#### [MATERIAL PROVIDED]
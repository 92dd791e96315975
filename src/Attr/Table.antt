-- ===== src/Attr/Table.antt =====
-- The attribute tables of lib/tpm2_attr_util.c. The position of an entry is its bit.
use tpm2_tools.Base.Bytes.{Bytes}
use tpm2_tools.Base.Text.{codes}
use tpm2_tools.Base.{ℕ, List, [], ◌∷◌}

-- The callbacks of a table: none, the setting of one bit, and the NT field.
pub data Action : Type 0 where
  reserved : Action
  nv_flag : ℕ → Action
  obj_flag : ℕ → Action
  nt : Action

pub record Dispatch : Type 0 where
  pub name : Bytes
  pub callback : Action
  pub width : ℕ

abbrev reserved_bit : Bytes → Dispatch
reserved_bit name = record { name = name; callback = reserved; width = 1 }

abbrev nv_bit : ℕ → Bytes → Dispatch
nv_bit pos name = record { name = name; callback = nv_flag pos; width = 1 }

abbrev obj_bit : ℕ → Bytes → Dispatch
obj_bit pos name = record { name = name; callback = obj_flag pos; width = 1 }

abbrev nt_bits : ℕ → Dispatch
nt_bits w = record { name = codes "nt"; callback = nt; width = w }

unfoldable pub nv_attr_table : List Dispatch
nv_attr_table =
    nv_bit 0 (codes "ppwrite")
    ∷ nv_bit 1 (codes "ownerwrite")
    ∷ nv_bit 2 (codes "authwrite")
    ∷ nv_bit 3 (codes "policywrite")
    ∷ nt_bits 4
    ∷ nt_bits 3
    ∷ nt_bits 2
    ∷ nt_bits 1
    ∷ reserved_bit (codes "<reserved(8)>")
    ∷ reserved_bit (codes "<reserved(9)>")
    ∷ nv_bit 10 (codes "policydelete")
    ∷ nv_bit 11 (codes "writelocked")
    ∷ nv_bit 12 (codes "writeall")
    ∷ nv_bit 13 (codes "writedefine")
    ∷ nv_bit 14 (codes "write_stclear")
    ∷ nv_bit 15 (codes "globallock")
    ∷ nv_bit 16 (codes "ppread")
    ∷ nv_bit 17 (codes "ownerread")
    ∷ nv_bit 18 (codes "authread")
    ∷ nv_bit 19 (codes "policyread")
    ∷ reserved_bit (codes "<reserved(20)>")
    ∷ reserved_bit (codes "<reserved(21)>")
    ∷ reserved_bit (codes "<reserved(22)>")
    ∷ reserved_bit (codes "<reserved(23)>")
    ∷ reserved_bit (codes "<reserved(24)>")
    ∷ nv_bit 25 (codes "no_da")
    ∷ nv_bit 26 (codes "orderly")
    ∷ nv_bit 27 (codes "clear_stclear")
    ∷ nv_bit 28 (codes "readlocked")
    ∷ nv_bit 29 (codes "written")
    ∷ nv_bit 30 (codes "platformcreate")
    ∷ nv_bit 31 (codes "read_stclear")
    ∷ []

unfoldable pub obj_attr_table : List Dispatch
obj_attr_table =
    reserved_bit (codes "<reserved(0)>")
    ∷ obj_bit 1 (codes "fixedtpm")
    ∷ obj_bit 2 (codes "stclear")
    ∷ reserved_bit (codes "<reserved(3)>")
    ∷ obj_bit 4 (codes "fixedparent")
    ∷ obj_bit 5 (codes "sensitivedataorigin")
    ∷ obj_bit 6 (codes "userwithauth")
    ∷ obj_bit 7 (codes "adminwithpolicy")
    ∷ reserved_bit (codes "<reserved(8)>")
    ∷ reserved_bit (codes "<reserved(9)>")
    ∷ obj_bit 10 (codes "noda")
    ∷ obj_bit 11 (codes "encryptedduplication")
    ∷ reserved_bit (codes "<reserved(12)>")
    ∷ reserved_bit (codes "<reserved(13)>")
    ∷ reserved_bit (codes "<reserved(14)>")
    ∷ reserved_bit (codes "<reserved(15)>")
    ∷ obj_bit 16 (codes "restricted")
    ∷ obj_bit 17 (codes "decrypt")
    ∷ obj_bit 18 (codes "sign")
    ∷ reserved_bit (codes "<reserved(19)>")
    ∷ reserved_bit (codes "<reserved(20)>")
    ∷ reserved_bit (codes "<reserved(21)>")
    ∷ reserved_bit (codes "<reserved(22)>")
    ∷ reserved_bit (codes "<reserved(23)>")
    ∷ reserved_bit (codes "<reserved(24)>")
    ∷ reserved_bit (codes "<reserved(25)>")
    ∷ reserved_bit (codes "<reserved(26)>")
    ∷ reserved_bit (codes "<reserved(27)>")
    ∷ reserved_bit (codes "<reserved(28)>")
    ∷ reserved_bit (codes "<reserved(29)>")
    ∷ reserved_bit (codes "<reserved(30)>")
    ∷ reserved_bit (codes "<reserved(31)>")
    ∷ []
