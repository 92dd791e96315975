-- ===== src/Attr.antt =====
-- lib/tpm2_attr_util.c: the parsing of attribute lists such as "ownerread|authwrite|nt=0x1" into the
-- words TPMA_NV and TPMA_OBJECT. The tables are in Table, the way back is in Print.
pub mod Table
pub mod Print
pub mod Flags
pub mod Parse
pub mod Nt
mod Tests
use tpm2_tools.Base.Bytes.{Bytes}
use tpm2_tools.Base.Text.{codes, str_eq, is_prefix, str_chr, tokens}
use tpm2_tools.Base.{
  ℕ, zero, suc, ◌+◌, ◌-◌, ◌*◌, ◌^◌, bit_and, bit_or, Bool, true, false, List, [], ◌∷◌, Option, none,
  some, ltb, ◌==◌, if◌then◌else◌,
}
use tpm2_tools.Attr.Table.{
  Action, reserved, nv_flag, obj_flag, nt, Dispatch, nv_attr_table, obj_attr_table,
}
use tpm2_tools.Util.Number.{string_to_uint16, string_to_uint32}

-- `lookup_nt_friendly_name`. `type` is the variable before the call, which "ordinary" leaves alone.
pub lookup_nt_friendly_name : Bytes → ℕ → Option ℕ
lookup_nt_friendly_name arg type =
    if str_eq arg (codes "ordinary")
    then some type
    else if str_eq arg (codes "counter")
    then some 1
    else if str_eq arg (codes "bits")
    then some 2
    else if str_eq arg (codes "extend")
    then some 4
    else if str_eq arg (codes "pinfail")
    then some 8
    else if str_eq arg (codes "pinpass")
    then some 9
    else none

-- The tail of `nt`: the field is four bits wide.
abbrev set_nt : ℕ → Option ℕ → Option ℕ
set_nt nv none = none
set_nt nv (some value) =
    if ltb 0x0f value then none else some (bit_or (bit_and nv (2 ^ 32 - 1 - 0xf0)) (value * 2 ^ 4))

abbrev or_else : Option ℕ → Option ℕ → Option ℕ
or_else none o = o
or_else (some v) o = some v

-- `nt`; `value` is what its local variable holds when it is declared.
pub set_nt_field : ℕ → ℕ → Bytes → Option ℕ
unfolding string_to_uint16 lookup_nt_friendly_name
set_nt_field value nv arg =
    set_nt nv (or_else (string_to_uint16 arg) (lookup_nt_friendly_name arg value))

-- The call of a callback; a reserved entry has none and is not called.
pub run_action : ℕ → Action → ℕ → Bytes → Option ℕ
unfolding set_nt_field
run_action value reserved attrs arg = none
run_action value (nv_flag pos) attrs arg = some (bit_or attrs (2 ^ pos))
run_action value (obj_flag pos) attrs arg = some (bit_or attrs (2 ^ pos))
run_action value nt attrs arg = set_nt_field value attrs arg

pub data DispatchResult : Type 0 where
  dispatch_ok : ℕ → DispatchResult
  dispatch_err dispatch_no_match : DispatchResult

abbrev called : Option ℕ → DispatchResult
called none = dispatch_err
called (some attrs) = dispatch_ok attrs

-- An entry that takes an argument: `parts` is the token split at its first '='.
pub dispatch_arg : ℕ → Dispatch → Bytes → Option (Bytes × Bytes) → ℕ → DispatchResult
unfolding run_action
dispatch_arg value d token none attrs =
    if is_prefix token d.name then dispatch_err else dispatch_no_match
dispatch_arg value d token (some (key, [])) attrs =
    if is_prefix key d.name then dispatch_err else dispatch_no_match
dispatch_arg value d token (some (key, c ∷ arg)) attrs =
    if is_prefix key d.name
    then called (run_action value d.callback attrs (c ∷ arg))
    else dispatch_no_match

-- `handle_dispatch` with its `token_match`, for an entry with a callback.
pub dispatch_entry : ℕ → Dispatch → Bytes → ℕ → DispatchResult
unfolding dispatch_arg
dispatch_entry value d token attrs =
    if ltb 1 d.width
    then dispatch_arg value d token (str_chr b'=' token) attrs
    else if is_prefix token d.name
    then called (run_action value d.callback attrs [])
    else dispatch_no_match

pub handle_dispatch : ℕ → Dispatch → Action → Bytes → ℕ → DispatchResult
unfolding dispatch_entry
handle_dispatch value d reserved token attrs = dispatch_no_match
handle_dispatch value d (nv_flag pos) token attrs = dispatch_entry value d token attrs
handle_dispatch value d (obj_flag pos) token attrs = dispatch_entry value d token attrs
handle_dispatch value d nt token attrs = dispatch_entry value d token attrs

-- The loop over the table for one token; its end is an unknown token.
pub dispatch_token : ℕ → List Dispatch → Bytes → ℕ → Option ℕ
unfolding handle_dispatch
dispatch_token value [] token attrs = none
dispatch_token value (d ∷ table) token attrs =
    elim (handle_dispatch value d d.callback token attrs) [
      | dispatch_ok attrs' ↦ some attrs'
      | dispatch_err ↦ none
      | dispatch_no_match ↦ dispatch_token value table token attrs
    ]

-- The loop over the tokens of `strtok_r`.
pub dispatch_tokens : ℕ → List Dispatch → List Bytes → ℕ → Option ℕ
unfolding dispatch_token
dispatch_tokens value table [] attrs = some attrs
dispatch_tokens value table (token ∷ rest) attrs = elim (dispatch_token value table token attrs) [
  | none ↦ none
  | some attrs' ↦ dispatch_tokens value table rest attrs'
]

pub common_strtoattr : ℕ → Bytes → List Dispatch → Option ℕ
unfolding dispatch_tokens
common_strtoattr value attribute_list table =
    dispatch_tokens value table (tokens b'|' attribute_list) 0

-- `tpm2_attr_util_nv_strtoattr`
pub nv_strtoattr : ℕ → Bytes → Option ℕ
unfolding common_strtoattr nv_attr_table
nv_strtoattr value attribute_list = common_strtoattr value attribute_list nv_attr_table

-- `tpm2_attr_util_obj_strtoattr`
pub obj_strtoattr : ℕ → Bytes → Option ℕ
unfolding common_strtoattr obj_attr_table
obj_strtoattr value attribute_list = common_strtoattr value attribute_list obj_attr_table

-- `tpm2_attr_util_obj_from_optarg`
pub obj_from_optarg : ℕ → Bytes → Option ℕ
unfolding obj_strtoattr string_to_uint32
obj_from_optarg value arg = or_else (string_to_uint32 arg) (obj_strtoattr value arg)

#### [WHAT YOU ARE ASKED TO DO]
Output the listing verbatim through the "reserved : Action" line.

#### [OUTPUT OF THE TASK]
repository 92dd791e96315975
filename src/Attr/Table.antt
-- ===== src/Attr/Table.antt =====
-- The attribute tables of lib/tpm2_attr_util.c. The position of an entry is its bit.
use tpm2_tools.Base.Bytes.{Bytes}
use tpm2_tools.Base.Text.{codes}
use tpm2_tools.Base.{ℕ, List, [], ◌∷◌}

-- The callbacks of a table: none, the setting of one bit, and the NT field.
pub data Action : Type 0 where
  reserved : Action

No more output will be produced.